Abundance estimates can be calculated either as part of the same call as estimates the detection function (i.e. extra arguments ds) or using the dht function from mrds. Either way one must first create at least two, but maybe three data.frames for region, observation and sample data. We'll begin by talking about these data.frames, before moving on to the two methods for estimating abundace. Finally there is an example of using these approaches.

Note that this page is about the technical details of computing abundance estimates and assumes that the survey has been set up correctly, in particular we are assuming that a (stratified) random sampling design has been used. See Buckland et al (2001) for more information on designing distance sampling surveys.

Setting up data

Two or three additional tables are required to estimate abundance. These define the sample in the context of the wider study area and have a hierarchical relationship.

A note about units: It is important to ensure that all units in this part of the analysis are compatible. If they are not the units of abundance will be incorrect (or at best on a very strange scale). For this reason it is recommended that all units are converted to the metric system before proceeding.

region.table

The region table defines the the overall study region. The data.frame has two columns:

  • Region.Label - used to identify the region
  • Area - the area of the region

Each row is a strata, if there are no strata then region.table consists of one row: the whole study area.

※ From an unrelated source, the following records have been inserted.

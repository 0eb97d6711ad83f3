-- ===== src/Session/Wire/Examples.antt =====
-- A session over TCP: the client registers, sends a heartbeat and reads, and gets a message.
use attachcloudip.Common.{
  sym, ◌≡◌, ◌≢◌, refl, [], ◌∷◌, ◌++◌, true, none, some, arith, ok, nat_eq, Bool-cases, inl, inr,
  ◌==◌, if◌then◌else◌, List, ◌<◌, map, count,
}
use attachcloudip.Common.Map.{lookup, insert}
use attachcloudip.Common.Text.{codes, text_eq, Text, text_beq_iff, text_beq}
use attachcloudip.Strings.{trim_space, is_space, trim_left_func, trim_right_func, cons_trimmed}
use attachcloudip.TcpManager.{
  new_tcp_manager, ClientInfo, awaiting, newline, send_message_to_client, handle_client,
  first_message, next_message, parse_registration, from_parts, register_client,
}
use attachcloudip.Client.Program.{receiver_reads, new_program, tick, line}
use attachcloudip.TcpManager.Table.{entry}
use attachcloudip.TcpManager.Messages.{Visits}
use attachcloudip.Strings.Parts.{split, cons_first, remove_all}
use attachcloudip.Client.{registration_message}
use attachcloudip.Session.{reply}
use attachcloudip.Session.Sample.{client, u1_IsField, a_IsField}
use attachcloudip.Session.Exchange.{announced, exchange, exchange_run}
use attachcloudip.Session.Messaging.{Alone}
use attachcloudip.Session.Wire.{
  Wire, new_wire, WireMove, beats, receiver_takes, server_takes, server_replies, wire_move,
  wire_run, wire_tick, wire_receiver_read, wire_server_read, wire_server_write, wire_advance,
  wire_answer, as_move,
}
use attachcloudip.Session.Wire.Carrying.{ReadsLines}
use attachcloudip.Session.Wire.Refinement.{WireImplements, wire_run-WireImplements}
use attachcloudip.Session.Wire.Messaging.{wire_run-sends}
use attachcloudip.Session.Wire.Draining.{WireDrained, wire_run-drains}

abbrev moves : List WireMove
moves = server_takes 5 100 ∷ server_replies 5 ∷ beats ∷ receiver_takes 100 ∷ []

-- Its line names what a proof by evaluation sees through.
wire_sample : Wire
unfolding wire_run wire_move new_wire wire_tick wire_receiver_read wire_server_read
    wire_server_write wire_advance wire_answer new_program reply receiver_reads tick line
    handle_client first_message next_message parse_registration from_parts register_client
    registration_message split cons_first remove_all trim_space trim_left_func trim_right_func
    cons_trimmed is_space text_beq insert lookup new_tcp_manager count
wire_sample = wire_run 1 (new_wire client new_tcp_manager) moves

moves_read : ReadsLines 1 (new_wire client new_tcp_manager) moves
unfolding wire_sample
moves_read = (
  record { start = codes "u1|/a"; ends = refl; one = omega arith },
  (tt, (tt, (record { start = codes "registered"; ends = refl; one = omega arith }, tt))),
)

wire_run-WireImplements_example :
    WireImplements 1
      (codes "u1")
      (codes "/a")
      (wire_run 1 (new_wire client new_tcp_manager) moves)
      (exchange_run (exchange announced 0 0) (map as_move moves))
wire_run-WireImplements_example =
    wire_run-WireImplements 1 client new_tcp_manager moves u1_IsField a_IsField (omega arith)
      (omega arith) moves_read

-- The handler reads the heartbeat, and then nothing.
abbrev later : List WireMove
later = server_takes 6 100 ∷ server_replies 6 ∷ server_takes 6 100 ∷ server_replies 6 ∷ []

later_read : ReadsLines 1 (wire_run 1 (new_wire client new_tcp_manager) moves) later
unfolding wire_sample
later_read =
    (record { start = codes "heartbeat"; ends = refl; one = omega arith }, (tt, (tt, (tt, tt))))

one_waits : count newline (wire_run 1 (new_wire client new_tcp_manager) moves).to_server < 2
unfolding wire_sample
one_waits = omega arith

wire_run-drains_example :
    WireDrained
      (wire_run 1 (new_wire client new_tcp_manager) moves)
      (wire_run 1 (wire_run 1 (new_wire client new_tcp_manager) moves) later)
wire_run-drains_example =
    wire_run-drains 1 6 2 client new_tcp_manager moves later u1_IsField a_IsField (omega arith)
      (omega arith) moves_read refl later_read one_waits

handler_serves : (wire_run 1 (new_wire client new_tcp_manager) moves).phase ≢ awaiting
unfolding wire_sample
handler_serves e = cc

table :
    (id : Text)
    → lookup id (wire_run 1 (new_wire client new_tcp_manager) moves).manager.clients
      ≡ (if codes "u1" == id then some (entry (codes "u1") (codes "/a") 1 5) else none)
unfolding wire_sample
table id = refl

none_not_some : {c : ClientInfo} → none ≢ some c
none_not_some e = cc

u1_Visits : Visits (wire_run 1 (new_wire client new_tcp_manager) moves).manager (codes "u1" ∷ [])
u1_Visits id c e = elim (Bool-cases (codes "u1" == id)) [
  | inl h ↦ inl ((text_beq_iff (codes "u1") id).0 h)
  | inr h ↦ absurd (none_not_some {c = c} (ground (arith, h, e, table id)))
]

u1_Alone :
    Alone (wire_run 1 (new_wire client new_tcp_manager) moves).manager (codes "u1") (codes "/a")
u1_Alone id c e at = elim (Bool-cases (codes "u1" == id)) [
  | inl h ↦ sym ((text_beq_iff (codes "u1") id).0 h)
  | inr h ↦ absurd (none_not_some {c = c} (ground (arith, h, e, table id)))
]

no_acknowledgement : trim_space (codes "hi") ≢ codes "heartbeat-ack"
unfolding wire_sample
no_acknowledgement e = cc

wire_run-sends_example :
    (send_message_to_client
        (wire_run 1 (new_wire client new_tcp_manager) moves).manager
        (codes "u1" ∷ [])
        (λ _ _. true)
        (codes "/a")
        (codes "hi")
      ≡ ok (1, codes "hi" ++ newline ∷ []))
    × ((receiver_reads
          (wire_run 1 (new_wire client new_tcp_manager) moves).program
          (some (codes "hi" ++ newline ∷ []))
          (wire_run 1 (new_wire client new_tcp_manager) moves).program.receiving).logged
        ≡ (wire_run 1 (new_wire client new_tcp_manager) moves).program.logged
          ++ trim_space (codes "hi") ∷ [])
wire_run-sends_example =
    wire_run-sends 1 client new_tcp_manager moves (codes "u1" ∷ []) (λ _ _. true) (codes "hi")
      u1_IsField a_IsField (omega arith) (omega arith) moves_read handler_serves u1_Visits u1_Alone
      refl no_acknowledgement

If lines or points have been replicated, these should be specified in strata (i.e. different Region.Labels).

sample.table

Each row of sample.table specifies a sample -- that is a line or point transect. This data.frame has three columns:

  • Region.Label - identifies which region the sample was located in
  • Sample.Label - the identifier for this line/point
  • Effort - the length of the line/number of times the point was visited

sample.table is linked to the region.table by the Region.Label column.

obs.table

The observation table creates a link between the other two tables and the data used to fit the model (the data.frame used to fit the detection function). If the data used to fit the detection function (the data argument) contains the columns Region.Label and Sample.Label then the obs.table is unnecessary.

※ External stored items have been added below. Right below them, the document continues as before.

-- ===== src/TcpManager/Handlers.antt =====
-- What single steps of a handler of cmd/server/tcpmanager.go do to the clients of the others.
use mathlib.Core.Option
use attachcloudip.Common.{
  ℕ, ◌≡◌, ◌≢◌, refl, ◌∷◌, true, none, some, contains, nat_eq, nat_beq_iff, arith, ◌==◌,
  if◌then◌else◌,
}
use attachcloudip.Common.Map.{lookup, insert, lookup-insert}
use attachcloudip.Common.Text.{Text, codes, text_eq, text_beq, text_beq_iff}
use attachcloudip.Strings.{trim_space}
use attachcloudip.TcpManager.{
  ClientInfo, TcpManager, handle_client, next_message, give_up, leave, close, remove_client,
  update_client_activity, Phase, serving, acking, finished, Event, received, read_failed,
}
use attachcloudip.TcpManager.Table.{remove_client-clients, update_client_activity-clients, touch}
use attachcloudip.TcpManager.System.{System, resume, handle}

-- A step of a handler that is there.
handle_lem :
    (s : System) (conn now : ℕ) (phase phase' : Phase) (m : TcpManager) (event : Event)
    → lookup conn s.handlers ≡ some phase
    → handle_client s.manager conn now phase event ≡ some (m, phase')
    → handle s conn now event ≡ record { manager = m; handlers = insert conn phase' s.handlers }
unfolding handle resume
handle_lem s conn now phase phase' m event e f = rw (e, handle, f) refl

remove_client-closed :
    (m : TcpManager) (id : Text) (c : ClientInfo)
    → lookup id m.clients ≡ some c
    → (remove_client m id).closed ≡ c.conn ∷ m.closed
unfolding remove_client
remove_client-closed m id c e = ground (arith, e)

-- A client that has registered again under its ID loses its new connection when the handler of its
-- old one fails to read: the handler removes whatever stands under the ID, so that the new client is
-- out of the table and its connection closed, although its own handler goes on.
pub stale_handler-drops :
    (s : System) (conn now : ℕ) (id : Text) (c : ClientInfo)
    → lookup conn s.handlers ≡ some (serving id)
    → lookup id s.manager.clients ≡ some c
    → c.conn ≢ conn
    → (lookup id (handle s conn now read_failed).manager.clients ≡ none)
      × (contains (handle s conn now read_failed).manager.closed c.conn ≡ true)
      × (lookup c.conn (handle s conn now read_failed).handlers ≡ lookup c.conn s.handlers)
unfolding handle_client give_up leave close contains
stale_handler-drops s conn now id c e f n =
    rw (handle_lem s conn now (serving id) finished _ read_failed e refl) (
      ground (arith, remove_client-clients s.manager id id, text_beq_iff id id),
      ground (arith, remove_client-closed s.manager id c f, nat_beq_iff c.conn c.conn),
      ground (arith, lookup-insert conn c.conn finished s.handlers, nat_beq_iff conn c.conn),
    )

heartbeat-step :
    (s : System) (conn now : ℕ) (id text : Text)
    → lookup conn s.handlers ≡ some (serving id)
    → trim_space text ≡ codes "heartbeat"
    → handle s conn now (received text) ≡ record {
      manager = update_client_activity s.manager id now;
      handlers = insert conn (acking id) s.handlers;
    }
unfolding handle_client next_message text_beq
heartbeat-step s conn now id text e f =
    handle_lem s conn now (serving id) (acking id) (update_client_activity s.manager id now)
      (received text) e (rw f refl)

-- A heartbeat sets the time of the client's entry, if it has one, and of no other; the handler then
-- has the acknowledgement to write.
heartbeat-touches :
    (s : System) (conn now : ℕ) (id text : Text)
    → lookup conn s.handlers ≡ some (serving id)
    → trim_space text ≡ codes "heartbeat"
    → (lookup conn (handle s conn now (received text)).handlers ≡ some (acking id))
      × ((i : Text)
          → lookup i (handle s conn now (received text)).manager.clients ≡ (
              if id == i
              then Option.map (touch now) (lookup i s.manager.clients)
              else lookup i s.manager.clients))
heartbeat-touches s conn now id text e f = rw (heartbeat-step s conn now id text e f) (
  ground (arith, lookup-insert conn conn (acking id) s.handlers, nat_beq_iff conn conn),
  λ i. update_client_activity-clients s.manager id now i,
)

If you choose to specify obs.table rather than using data, it must have the following columns:

  • object - identifier to a specific observation in data
  • Region.Label - identifier for the region
  • Sample.Label - identifier for the line or point

The obs.table is linked to the sample.table by the Sample.Label and Region.Label columns.

Using ds to estimate abundance

If you want to estimate abundance in a given area at the same time as fitting the detection function, you can provide region.table and sample.table (and optionally obs.table, as detailed above) to the ds function.

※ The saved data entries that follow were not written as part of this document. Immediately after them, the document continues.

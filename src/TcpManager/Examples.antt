-- ===== src/TcpManager/Examples.antt =====
-- The TCP manager of cmd/server/tcpmanager.go at single states.

use attachcloudip.Common.{
  ◌≡◌, ◌≢◌, refl, List, [], ◌∷◌, true, none, some, contains, ◌==◌, if◌then◌else◌, nat_eq, arith,
  inl, inr, Bool-cases,
}
use attachcloudip.Common.Map.{lookup, insert}
use attachcloudip.Common.Text.{Text, codes, text_eq, text_beq, text_beq_iff}
use attachcloudip.Strings.{is_space, trim_space, trim_left_func, trim_right_func, cons_trimmed}
use attachcloudip.Strings.Parts.{split, cons_first, remove_all}
use attachcloudip.TcpManager.{
  ClientInfo, new_tcp_manager, register_client, parse_registration, from_parts, handle_client,
  first_message, next_message, serving, received, written, read_failed, send_message_to_client,
}
use attachcloudip.TcpManager.Table.{entry}
use attachcloudip.TcpManager.System.{
  System, new_system, run, move, handle, handle_incoming, resume, Move, accepts, answers,
}
use attachcloudip.TcpManager.Serving.{Inv, run-new_system-Inv}
use attachcloudip.TcpManager.Handlers.{stale_handler-drops}
use attachcloudip.TcpManager.Messages.{Visits, Delivers, send_message_to_client-Delivers}

-- A client that registers on connection 1, and again, with the same ID, on connection 2.
abbrev moves : List Move
moves =
    accepts (some 1)
    ∷ answers 1 10 (received (codes "c1|/api"))
    ∷ answers 1 11 written
    ∷ accepts none
    ∷ accepts (some 2)
    ∷ answers 2 20 (received (codes "c1|/api"))
    ∷ answers 2 21 written
    ∷ []

run-new_system-Inv_example : Inv (run new_system moves)
run-new_system-Inv_example = run-new_system-Inv moves

-- Its line names what a proof by evaluation sees through.
twice : System
unfolding run move handle handle_incoming resume new_system new_tcp_manager lookup insert
    handle_client first_message next_message parse_registration from_parts register_client split
    cons_first remove_all trim_space trim_left_func trim_right_func cons_trimmed is_space text_beq
    contains
twice = run new_system moves

old_handler : lookup 1 twice.handlers ≡ some (serving (codes "c1"))
unfolding twice
old_handler = refl

new_entry :
    lookup (codes "c1") twice.manager.clients ≡ some (entry (codes "c1") (codes "/api") 2 20)
unfolding twice
new_entry = refl

stale_handler-drops_example :
    (lookup (codes "c1") (handle twice 1 30 read_failed).manager.clients ≡ none)
    × (contains (handle twice 1 30 read_failed).manager.closed 2 ≡ true)
    × (lookup 2 (handle twice 1 30 read_failed).handlers ≡ lookup 2 twice.handlers)
stale_handler-drops_example =
    stale_handler-drops twice 1 30 (codes "c1") (entry (codes "c1") (codes "/api") 2 20) old_handler
      new_entry (ground arith)

none_not_some : {c : ClientInfo} → none ≢ some c
none_not_some e = cc

table :
    (id : Text)
    → lookup id (run new_system moves).manager.clients
      ≡ (if codes "c1" == id then some (entry (codes "c1") (codes "/api") 2 20) else none)
unfolding twice
table id = refl

c1_Visits : Visits (run new_system moves).manager (codes "c1" ∷ [])
c1_Visits id c e = elim (Bool-cases (codes "c1" == id)) [
  | inl h ↦ inl ((text_beq_iff (codes "c1") id).0 h)
  | inr h ↦ absurd (none_not_some {c = c} (ground (arith, h, e, table id)))
]

send_message_to_client-Delivers_example :
    Delivers
      (run new_system moves).manager
      (λ _ _. true)
      (codes "/api")
      (codes "hi")
      (send_message_to_client
        (run new_system moves).manager
        (codes "c1" ∷ [])
        (λ _ _. true)
        (codes "/api")
        (codes "hi"))
send_message_to_client-Delivers_example =
    send_message_to_client-Delivers (run new_system moves) run-new_system-Inv_example
      (codes "c1" ∷ []) c1_Visits (λ _ _. true) (codes "/api") (codes "hi")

Two additional arguments to ds may also be useful:

  • covert.units - gives the conversion factor between the Area, Effort and distance columns. See the "Units" section of the ds manual page for more information.
  • dht.group - should estimates of abundance and density set the group size for each observation to be 1 (hence giving the density/abundance of the groups; dht.group=TRUE) or use the observed group size (giving the density/abundance of individuals; dht.group=FALSE).

A simple call to ds may then look like this:

    ds(data, formula=~1, region.table=regions, sample.table=samples)

The disadvantage of this approach is that if one is performing model selection and running several different models (say with different covariates or key functions) each call to ds will take longer as abundance must be calculated each time.

Using dht to estimate abundance

If a detection function has already been fitted, one can call dht separately. As with ds above, the convert.units argument can be used. The equivalent to dht.group above is to supply options=list(group=...), defined as above.

A simple call to dht might look like:

     dht(model$ddf, regions, samples)

where model is a model fitted with ds.

If the detection function was fitted using the ddf function in mrds and was called model then the following is equivalent:

     dht(model, regions, samples)

Example

To show how to take a survey design and put this into the above format, here is a "toy" example. The below image shows a survey area "Region 1" with seven transects (labelled 1-7) and three observations (marked with an "X") on transect 2. (This does not represent a regular distance sampling survey!)

For this survey we would set up the tables as follows:

    regions <- data.frame(Region.Label = 1,
                          Area         = 150)

    samples <- data.frame(Region.Label = rep(1,7),
                          Sample.Label = 1:7,
                          Effort       = c(1,3,1.5,1.2,1,1,0.8))

    data   <- data.frame(distance      = c(0.05,0.1,0.2),
                         object        = 1:3,
                         Region.Label  = rep(1,3),
                         Sample.Label  = rep(2,3))

Assuming that (say) Area is in km^2^ and Effort and distance are in km (distances areas reported here are eyeballed and not the true values!).

References

Buckland, ST, DR anderson, KP Burnham, JL Laake, DL Borchers, and L Thomas. Introduction to Distance Sampling, Oxford University Press, 2001.